Storage Implications¶
Production-clone testing supports the staged storage roadmap:
- keep the frozen Postgres schema as the migration source of truth,
- keep targeted result, history, compare, and CI report paths bounded and fast,
- avoid building new product surfaces around broad fact-table browsing,
- use clone-derived evidence to decide whether and how to introduce a columnar analytical read replica.
The current conclusion is not that Postgres can remain the only analytical store forever. The conclusion is that existing deployments can validate the new runtime first, then evaluate a storage split from measured production-shaped workloads.
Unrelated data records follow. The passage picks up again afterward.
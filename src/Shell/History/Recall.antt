-- ===== src/Shell/History/Recall.antt =====
-- What the arrow keys recall from the ring of past lines.
use corestack_peky.Common.{
  ℕ, zero, suc, ◌+◌, ◌-◌, ◌%◌, ◌<◌, ◌≤◌, ◌≡◌, refl, arith, List, [], ◌∷◌, none, some, ◌==◌,
  if◌then◌else◌, length, sym, ◌∙◌,
}
use corestack_peky.Shell.History.{
  History, hist_cap, history, hist_up, hist_down, ups, recent, enter, nonempty, get,
}

-- The cursor is at the head, where a line is typed, and `count` lines were entered.
record IsReset (h : History) (count : ℕ) : Type 0 where
  head : h.hhead < hist_cap
  cursor : h.hcur ≡ h.hhead
  cap : h.hlen ≤ hist_cap
  part : h.hlen < hist_cap → (h.hlen ≡ count) × (h.hhead ≡ count)
  full : h.hlen ≡ hist_cap → hist_cap ≤ count

history-IsReset :
    (c : ℕ) (line : List ℕ) (h : History) (n : ℕ)
    → IsReset h n
    → IsReset (history (c ∷ line) h) (suc n)
unfolding history
history-IsReset c line h n w = record {
  head = ground arith;
  cursor = refl;
  cap = ground (arith, w.cap);
  part = λ lt. ground (arith, w.cap, w.part);
  full = λ e. ground (arith, w.cap, w.part, w.full);
}

enter-IsReset : (lines : List (List ℕ)) → IsReset (enter lines) (length (nonempty lines))
unfolding history
enter-IsReset [] = record {
  head = ground arith;
  cursor = refl;
  cap = ground arith;
  part = λ lt. (refl, refl);
  full = λ e. ground arith;
}
enter-IsReset ([] ∷ lines) = enter-IsReset lines
enter-IsReset ((c ∷ line) ∷ lines) =
    history-IsReset c line (enter lines) (length (nonempty lines)) (enter-IsReset lines)

recent-enter :
    (lines : List (List ℕ)) (k : ℕ) → k < hist_cap → recent (enter lines) k ≡ get (nonempty lines) k
unfolding history
recent-enter [] k lt = refl
recent-enter ([] ∷ lines) k lt = recent-enter lines k lt
recent-enter ((c ∷ line) ∷ lines) zero lt = let w = enter-IsReset lines in ground (arith, w.head)
recent-enter ((c ∷ line) ∷ lines) (suc k) lt =
    let w = enter-IsReset lines in
    let rest = recent-enter lines k (omega arith) in
    let shift : (((enter lines).hhead + 1) % hist_cap + 127 - suc k) % hist_cap
        ≡ ((enter lines).hhead + 127 - k) % hist_cap =
      omega (arith, w.head) in
    let other : ¬ (((enter lines).hhead + 127 - k) % hist_cap ≡ (enter lines).hhead) =
      λ e. omega (arith, w.head, e) in
    rw shift (ground arith)

hist_up_lem :
    (h : History)
    → 0 < h.hlen
    → ¬ ((h.hcur + 127) % hist_cap ≡ h.hhead)
    → hist_up h
      ≡ (record h { hcur = (h.hcur + 127) % hist_cap }, h.hist ((h.hcur + 127) % hist_cap))
unfolding hist_up
hist_up_lem h some_line other = ground arith

-- After `n` times up from the head.
abbrev Moved : History → ℕ → History → Type 0
Moved h n h' =
    (h'.hist ≡ h.hist)
    × (h'.hlen ≡ h.hlen)
    × (h'.hhead ≡ h.hhead)
    × (h'.hcur ≡ (h.hhead + 128 - n) % hist_cap)

ups-Moved :
    (h : History) (n : ℕ)
    → h.hhead < hist_cap
    → h.hcur ≡ h.hhead
    → 0 < h.hlen
    → n < hist_cap
    → Moved h n (ups n h)
ups-Moved h zero lt reset some_line n<cap = (refl, refl, refl, omega arith)
ups-Moved h (suc n) lt reset some_line n<cap =
    let rest = ups-Moved h n lt reset some_line (omega arith) in
    let up = hist_up_lem (ups n h) (ground arith) (ground arith) in rw (ups, up) (ground arith)

-- What `hist_up` shows after `n` presses: of the lines that were entered and not empty, the one
-- `n` before the last, or nothing behind the first of them; 127 of them can be reached. There must
-- be one such line.
pub history_recall :
    (lines : List (List ℕ)) (n : ℕ)
    → 0 < length (nonempty lines)
    → n + 1 < hist_cap
    → (hist_up (ups n (enter lines))).1 ≡ get (nonempty lines) n
history_recall lines n some_line lt =
    let h = enter lines in
    let w = enter-IsReset lines in
    let stored : 0 < h.hlen = ground (arith, w.part) in
    let at = ups-Moved h n w.head w.cursor stored (omega arith) in
    let up = hist_up_lem (ups n h) (ground arith) (ground (arith, w.head)) in
    let slot : ((ups n h).hcur + 127) % hist_cap ≡ (h.hhead + 127 - n) % hist_cap =
      ground (arith, w.head) in
    let line = recent-enter lines n (omega arith) in rw (up, slot) (ground arith)

hist_down_lem :
    (h : History)
    → ¬ (h.hcur ≡ h.hhead)
    → let next = (h.hcur + 1) % hist_cap in
      hist_down h ≡ (record h { hcur = next }, if next == h.hhead then some [] else h.hist next)
unfolding hist_down
hist_down_lem h off = ground arith

-- What `hist_down` shows when it comes to the place `n` presses up from the head.
shown :
    (lines : List (List ℕ)) (n at : ℕ)
    → n < hist_cap
    → at ≡ ((enter lines).hhead + 128 - n) % hist_cap
    → (if at == (enter lines).hhead then some [] else (enter lines).hist at)
      ≡ get ([] ∷ nonempty lines) n
shown lines zero at lt e = let w = enter-IsReset lines in ground (arith, w.head)
shown lines (suc n) at lt e =
    let w = enter-IsReset lines in
    let line = recent-enter lines n (omega arith) in
    let slot : at ≡ ((enter lines).hhead + 127 - n) % hist_cap = omega (arith, e, w.head) in
    let off : ¬ (at ≡ (enter lines).hhead) = λ x. omega (arith, e, w.head, x) in
    ground (arith, line)

-- `hist_down` undoes a press of `hist_up`: it is back at the cursor before it, and shows the line
-- shown there, the empty line at the head.
pub hist_down-hist_up :
    (lines : List (List ℕ)) (n : ℕ)
    → 0 < length (nonempty lines)
    → n + 1 < hist_cap
    → let down = hist_down (ups (suc n) (enter lines)) in
      (down.0.hcur ≡ (ups n (enter lines)).hcur) × (down.1 ≡ get ([] ∷ nonempty lines) n)
hist_down-hist_up lines n some_line lt =
    let h = enter lines in
    let w = enter-IsReset lines in
    let stored : 0 < h.hlen = ground (arith, w.part) in
    let at = ups-Moved h n w.head w.cursor stored (omega arith) in
    let up = ups-Moved h (suc n) w.head w.cursor stored (omega arith) in
    let off : ¬ ((ups (suc n) h).hcur ≡ (ups (suc n) h).hhead) =
      λ e. omega (arith, w.head, up.2, up.3, e) in
    let back : ((ups (suc n) h).hcur + 1) % hist_cap ≡ (h.hhead + 128 - n) % hist_cap =
      omega (arith, w.head, up.3) in
    let down = hist_down_lem (ups (suc n) h) off in
    let line = shown lines n ((h.hhead + 128 - n) % hist_cap) (omega arith) refl in
    (rw (ups, down, back) (sym at.3), rw (ups, down, back, up.2, up.0) line)

get-end : (lines : List (List ℕ)) (n : ℕ) → length lines ≤ n → get lines n ≡ none
get-end [] n le = refl
get-end (line ∷ lines) zero le = absurd (omega arith)
get-end (line ∷ lines) (suc n) le = get-end lines n (omega arith)

-- When from 1 to 126 lines that are not empty were entered, a press of `hist_up` on the first of
-- them shows nothing but moves the cursor all the same; `hist_down` then shows that first line again.
pub hist_up-past_oldest :
    (lines : List (List ℕ)) (n : ℕ)
    → length (nonempty lines) ≡ suc n
    → n + 2 < hist_cap
    → let top = ups (suc n) (enter lines) in
      let past = hist_up top in
      (past.1 ≡ none) × ¬ (past.0.hcur ≡ top.hcur) × ((hist_down past.0).1 ≡ get (nonempty lines) n)
hist_up-past_oldest lines n count lt =
    let h = enter lines in
    let w = enter-IsReset lines in
    let stored : 0 < h.hlen = ground (arith, w.part) in
    let top = ups-Moved h (suc n) w.head w.cursor stored (omega arith) in
    let past = ups-Moved h (suc (suc n)) w.head w.cursor stored (omega arith) in
    (
      history_recall lines (suc n) (omega arith) (omega arith)
          ∙ get-end (nonempty lines) (suc n) (omega arith),
      λ e. omega (arith, w.head, top.3, past.3, e),
      (hist_down-hist_up lines (suc n) (omega arith) (omega arith)).1,
    )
Recording Future Evidence¶
Record only sanitized aggregate findings in this documentation. Raw clone
artifacts stay under ignored var/ paths unless they have been separately
reviewed and scrubbed.
Useful durable evidence includes:
- row-count and relation-size classes,
- request status and timing bands,
- whether row-count and blocked-write log-scan gates passed,
- browser DOM and layout aggregates,
- query-family conclusions that affect the storage roadmap.
Do not record sample result IDs, history fingerprints, private repository URLs, private infrastructure details, credentials, or raw query plans.